START Records supplied

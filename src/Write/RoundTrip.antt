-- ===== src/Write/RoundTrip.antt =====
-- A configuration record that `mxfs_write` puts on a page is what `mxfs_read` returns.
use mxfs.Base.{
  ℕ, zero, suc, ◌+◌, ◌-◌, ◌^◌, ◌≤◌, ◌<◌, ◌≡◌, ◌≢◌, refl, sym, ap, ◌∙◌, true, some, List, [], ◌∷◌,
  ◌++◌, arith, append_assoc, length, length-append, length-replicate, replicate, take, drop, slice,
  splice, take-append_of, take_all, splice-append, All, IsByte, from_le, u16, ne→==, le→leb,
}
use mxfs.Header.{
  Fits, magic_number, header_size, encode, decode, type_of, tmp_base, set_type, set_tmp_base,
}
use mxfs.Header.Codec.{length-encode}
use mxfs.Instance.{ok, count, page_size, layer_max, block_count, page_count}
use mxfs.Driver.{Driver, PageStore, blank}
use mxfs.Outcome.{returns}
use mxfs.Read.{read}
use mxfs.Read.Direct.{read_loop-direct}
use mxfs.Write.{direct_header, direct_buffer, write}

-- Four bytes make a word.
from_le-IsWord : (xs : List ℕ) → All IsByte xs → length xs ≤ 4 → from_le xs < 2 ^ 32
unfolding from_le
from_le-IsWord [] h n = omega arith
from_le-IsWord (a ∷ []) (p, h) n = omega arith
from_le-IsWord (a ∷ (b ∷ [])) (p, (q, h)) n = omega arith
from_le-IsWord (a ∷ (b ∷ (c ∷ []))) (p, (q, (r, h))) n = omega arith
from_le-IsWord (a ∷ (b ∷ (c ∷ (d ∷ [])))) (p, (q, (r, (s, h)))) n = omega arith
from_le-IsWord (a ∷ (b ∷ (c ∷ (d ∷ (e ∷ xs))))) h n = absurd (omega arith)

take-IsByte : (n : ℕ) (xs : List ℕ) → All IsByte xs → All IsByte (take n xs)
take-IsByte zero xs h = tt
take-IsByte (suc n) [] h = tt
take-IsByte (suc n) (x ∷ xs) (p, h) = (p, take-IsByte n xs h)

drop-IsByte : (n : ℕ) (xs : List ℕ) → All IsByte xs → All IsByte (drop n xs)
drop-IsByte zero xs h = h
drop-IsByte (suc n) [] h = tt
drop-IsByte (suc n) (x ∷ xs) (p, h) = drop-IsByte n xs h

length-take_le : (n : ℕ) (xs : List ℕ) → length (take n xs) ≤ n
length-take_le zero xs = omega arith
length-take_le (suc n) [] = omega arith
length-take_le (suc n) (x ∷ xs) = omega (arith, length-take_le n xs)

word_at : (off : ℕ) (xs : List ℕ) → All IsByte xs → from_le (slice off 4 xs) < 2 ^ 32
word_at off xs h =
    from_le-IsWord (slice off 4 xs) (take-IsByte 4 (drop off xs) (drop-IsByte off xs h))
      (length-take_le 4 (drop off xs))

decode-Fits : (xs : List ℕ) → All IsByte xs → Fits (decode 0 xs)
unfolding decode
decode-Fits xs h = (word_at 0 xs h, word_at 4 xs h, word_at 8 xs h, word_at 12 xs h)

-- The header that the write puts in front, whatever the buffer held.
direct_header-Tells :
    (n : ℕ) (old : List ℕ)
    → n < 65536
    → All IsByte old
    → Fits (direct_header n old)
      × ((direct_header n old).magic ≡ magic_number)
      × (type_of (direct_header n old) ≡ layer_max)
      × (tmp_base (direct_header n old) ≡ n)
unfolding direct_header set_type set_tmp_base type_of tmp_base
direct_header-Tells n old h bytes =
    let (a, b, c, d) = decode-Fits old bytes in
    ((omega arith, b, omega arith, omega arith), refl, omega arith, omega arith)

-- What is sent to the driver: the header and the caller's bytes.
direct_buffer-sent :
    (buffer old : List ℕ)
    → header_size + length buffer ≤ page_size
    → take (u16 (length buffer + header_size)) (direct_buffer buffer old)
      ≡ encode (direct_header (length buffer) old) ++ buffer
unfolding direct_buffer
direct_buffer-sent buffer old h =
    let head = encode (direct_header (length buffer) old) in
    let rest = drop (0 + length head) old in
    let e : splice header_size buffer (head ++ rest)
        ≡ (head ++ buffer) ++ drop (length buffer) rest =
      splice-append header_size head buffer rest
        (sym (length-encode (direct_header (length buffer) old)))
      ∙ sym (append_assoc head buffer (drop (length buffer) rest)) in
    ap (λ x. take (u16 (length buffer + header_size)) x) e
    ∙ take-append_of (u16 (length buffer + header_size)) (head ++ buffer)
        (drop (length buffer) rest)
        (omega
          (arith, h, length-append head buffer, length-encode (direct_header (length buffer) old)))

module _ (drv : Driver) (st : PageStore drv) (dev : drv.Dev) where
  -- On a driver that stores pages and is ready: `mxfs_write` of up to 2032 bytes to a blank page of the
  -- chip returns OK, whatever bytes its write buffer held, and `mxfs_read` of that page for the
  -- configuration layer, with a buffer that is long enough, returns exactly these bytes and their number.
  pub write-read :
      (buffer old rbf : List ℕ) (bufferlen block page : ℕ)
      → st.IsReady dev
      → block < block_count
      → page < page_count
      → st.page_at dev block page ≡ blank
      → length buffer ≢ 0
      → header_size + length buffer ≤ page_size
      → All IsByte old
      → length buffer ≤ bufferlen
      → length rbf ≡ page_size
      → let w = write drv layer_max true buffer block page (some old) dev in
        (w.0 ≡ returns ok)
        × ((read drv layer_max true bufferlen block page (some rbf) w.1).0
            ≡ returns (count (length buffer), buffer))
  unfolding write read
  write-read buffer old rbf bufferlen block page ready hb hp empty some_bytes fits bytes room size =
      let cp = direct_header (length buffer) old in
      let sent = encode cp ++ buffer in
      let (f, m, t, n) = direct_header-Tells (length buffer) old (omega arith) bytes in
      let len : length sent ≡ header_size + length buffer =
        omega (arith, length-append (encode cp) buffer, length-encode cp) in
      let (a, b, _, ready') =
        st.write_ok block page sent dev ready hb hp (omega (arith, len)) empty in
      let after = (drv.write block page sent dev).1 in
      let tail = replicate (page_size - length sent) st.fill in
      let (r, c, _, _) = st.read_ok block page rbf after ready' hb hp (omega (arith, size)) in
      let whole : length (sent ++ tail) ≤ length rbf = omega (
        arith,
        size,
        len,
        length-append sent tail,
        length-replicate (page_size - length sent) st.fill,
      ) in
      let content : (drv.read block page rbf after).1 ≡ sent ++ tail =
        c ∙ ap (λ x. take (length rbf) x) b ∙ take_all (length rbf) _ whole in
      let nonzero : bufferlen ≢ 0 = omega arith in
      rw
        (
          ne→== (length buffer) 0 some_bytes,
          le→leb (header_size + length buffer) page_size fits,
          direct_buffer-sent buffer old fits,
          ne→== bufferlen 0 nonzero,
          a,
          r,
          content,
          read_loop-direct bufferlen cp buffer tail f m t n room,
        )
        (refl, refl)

END Records supplied

■ **To do**: Give back each entry so that it matches the original word for word.

■ **Finished exercise**:
filename src/Write/RoundTrip.antt
-- ===== src/Write/RoundTrip.antt =====
-- A configuration record that `mxfs_write` puts on a page is what `mxfs_read` returns.
use mxfs.Base.{
  ℕ, zero, suc, ◌+◌, ◌-◌, ◌^◌, ◌≤◌, ◌<◌, ◌≡◌, ◌≢◌, refl, sym, ap, ◌∙◌, true, some, List, [], ◌∷◌,
  ◌++◌, arith, append_assoc, length, length-append, length-replicate, replicate, take, drop, slice,
  splice, take-append_of, take_all, splice-append, All, IsByte, from_le, u16, ne→==, le→leb,
}
use mxfs.Header.{
  Fits, magic_number, header_size, encode, decode, type_of, tmp_base, set_type, set_tmp_base,
}
use mxfs.Header.Codec.{length-encode}
use mxfs.Instance.{ok, count, page_size, layer_max, block_count, page_count}
use mxfs.Driver.{Driver, PageStore, blank}
use mxfs.Outcome.{returns}
use mxfs.Read.{read}
use mxfs.Read.Direct.{read_loop-direct}
use mxfs.Write.{direct_header, direct_buffer, write}

-- Four bytes make a word.
from_le-IsWord : (xs : List ℕ) → All IsByte xs → length xs ≤ 4 → from_le xs < 2 ^ 32
unfolding from_le
from_le-IsWord [] h n = omega arith
from_le-IsWord (a ∷ []) (p, h) n = omega arith
from_le-IsWord (a ∷ (b ∷ [])) (p, (q, h)) n = omega arith
from_le-IsWord (a ∷ (b ∷ (c ∷ []))) (p, (q, (r, h))) n = omega arith
from_le-IsWord (a ∷ (b ∷ (c ∷ (d ∷ [])))) (p, (q, (r, (s, h)))) n = omega arith
from_le-IsWord (a ∷ (b ∷ (c ∷ (d ∷ (e ∷ xs))))) h n = absurd (omega arith)

take-IsByte : (n : ℕ) (xs : List ℕ) → All IsByte xs → All IsByte (take n xs)
take-IsByte zero xs h = tt
take-IsByte (suc n) [] h = tt
take-IsByte (suc n) (x ∷ xs) (p, h) = (p, take-IsByte n xs h)

drop-IsByte : (n : ℕ) (xs : List ℕ) → All IsByte xs → All IsByte (drop n xs)
drop-IsByte zero xs h = h
drop-IsByte (suc n) [] h = tt
drop-IsByte (suc n) (x ∷ xs) (p, h) = drop-IsByte n xs h

length-take_le : (n : ℕ) (xs : List ℕ) → length (take n xs) ≤ n
length-take_le zero xs = omega arith
length-take_le (suc n) [] = omega arith
length-take_le (suc n) (x ∷ xs) = omega (arith, length-take_le n xs)

word_at : (off : ℕ) (xs : List ℕ) → All IsByte xs → from_le (slice off 4 xs) < 2 ^ 32
word_at off xs h =
    from_le-IsWord (slice off 4 xs) (take-IsByte 4 (drop off xs) (drop-IsByte off xs h))
      (length-take_le 4 (drop off xs))

decode-Fits : (xs : List ℕ) → All IsByte xs → Fits (decode 0 xs)
unfolding decode
decode-Fits xs h = (word_at 0 xs h, word_at 4 xs h, word_at 8 xs h, word_at 12 xs h)

-- The header that the write puts in front, whatever the buffer held.
direct_header-Tells :
    (n : ℕ) (old : List ℕ)
    → n < 65536
    → All IsByte old
    → Fits (direct_header n old)
      × ((direct_header n old).magic ≡ magic_number)
      × (type_of (direct_header n old) ≡ layer_max)
      × (tmp_base (direct_header n old) ≡ n)
unfolding direct_header set_type set_tmp_base type_of tmp_base
direct_header-Tells n old h bytes =
    let (a, b, c, d) = decode-Fits old bytes in
    ((omega arith, b, omega arith, omega arith), refl, omega arith, omega arith)

-- What is sent to the driver: the header and the caller's bytes.
direct_buffer-sent :
    (buffer old : List ℕ)
    → header_size + length buffer ≤ page_size
    → take (u16 (length buffer + header_size)) (direct_buffer buffer old)
      ≡ encode (direct_header (length buffer) old) ++ buffer
unfolding direct_buffer
direct_buffer-sent buffer old h =
    let head = encode (direct_header (length buffer) old) in
    let rest = drop (0 + length head) old in
    let e : splice header_size buffer (head ++ rest)
        ≡ (head ++ buffer) ++ drop (length buffer) rest =
      splice-append header_size head buffer rest
        (sym (length-encode (direct_header (length buffer) old)))
      ∙ sym (append_assoc head buffer (drop (length buffer) rest)) in
    ap (λ x. take (u16 (length buffer + header_size)) x) e
    ∙ take-append_of (u16 (length buffer + header_size)) (head ++ buffer)
        (drop (length buffer) rest)
        (omega
          (arith, h, length-append head buffer, length-encode (direct_header (length buffer) old)))

module _ (drv : Driver) (st : PageStore drv) (dev : drv.Dev) where
  -- On a driver that stores pages and is ready: `mxfs_write` of up to 2032 bytes to a blank page of the
  -- chip returns OK, whatever bytes its write buffer held, and `mxfs_read` of that page for the
  -- configuration layer, with a buffer that is long enough, returns exactly these bytes and their number.
  pub write-read :
      (buffer old rbf : List ℕ) (bufferlen block page : ℕ)
      → st.IsReady dev
      → block < block_count
      → page < page_count
      → st.page_at dev block page ≡ blank
      → length buffer ≢ 0
      → header_size + length buffer ≤ page_size
      → All IsByte old
      → length buffer ≤ bufferlen
      → length rbf ≡ page_size
      → let w = write drv layer_max true buffer block page (some old) dev in
        (w.0 ≡ returns ok)
        × ((read drv layer_max true bufferlen block page (some rbf) w.1).0
            ≡ returns (count (length buffer), buffer))
  unfolding write read
  write-read buffer old rbf bufferlen block page ready hb hp empty some_bytes fits bytes room size =
      let cp = direct_header (length buffer) old in
      let sent = encode cp ++ buffer in
      let (f, m, t, n) = direct_header-Tells (length buffer) old (omega arith) bytes in
      let len : length sent ≡ header_size + length buffer =
        omega (arith, length-append (encode cp) buffer, length-encode cp) in
      let (a, b, _, ready') =
        st.write_ok block page sent dev ready hb hp (omega (arith, len)) empty in
      let after = (drv.write block page sent dev).1 in
      let tail = replicate (page_size - length sent) st.fill in
      let (r, c, _, _) = st.read_ok block page rbf after ready' hb hp (omega (arith, size)) in
      let whole : length (sent ++ tail) ≤ length rbf = omega (
        arith,
        size,
        len,
        length-append sent tail,
        length-replicate (page_size - length sent) st.fill,
      ) in
      let content : (drv.read block page rbf after).1 ≡ sent ++ tail =
        c ∙ ap (λ x. take (length rbf) x) b ∙ take_all (length rbf) _ whole in
      let nonzero : bufferlen ≢ 0 = omega arith in
      rw
        (
          ne→== (length buffer) 0 some_bytes,
          le→leb (header_size + length buffer) page_size fits,
          direct_buffer-sent buffer old fits,
          ne→== bufferlen 0 nonzero,
          a,
          r,
          content,
          read_loop-direct bufferlen cp buffer tail f m t n room,
        )
        (refl, refl)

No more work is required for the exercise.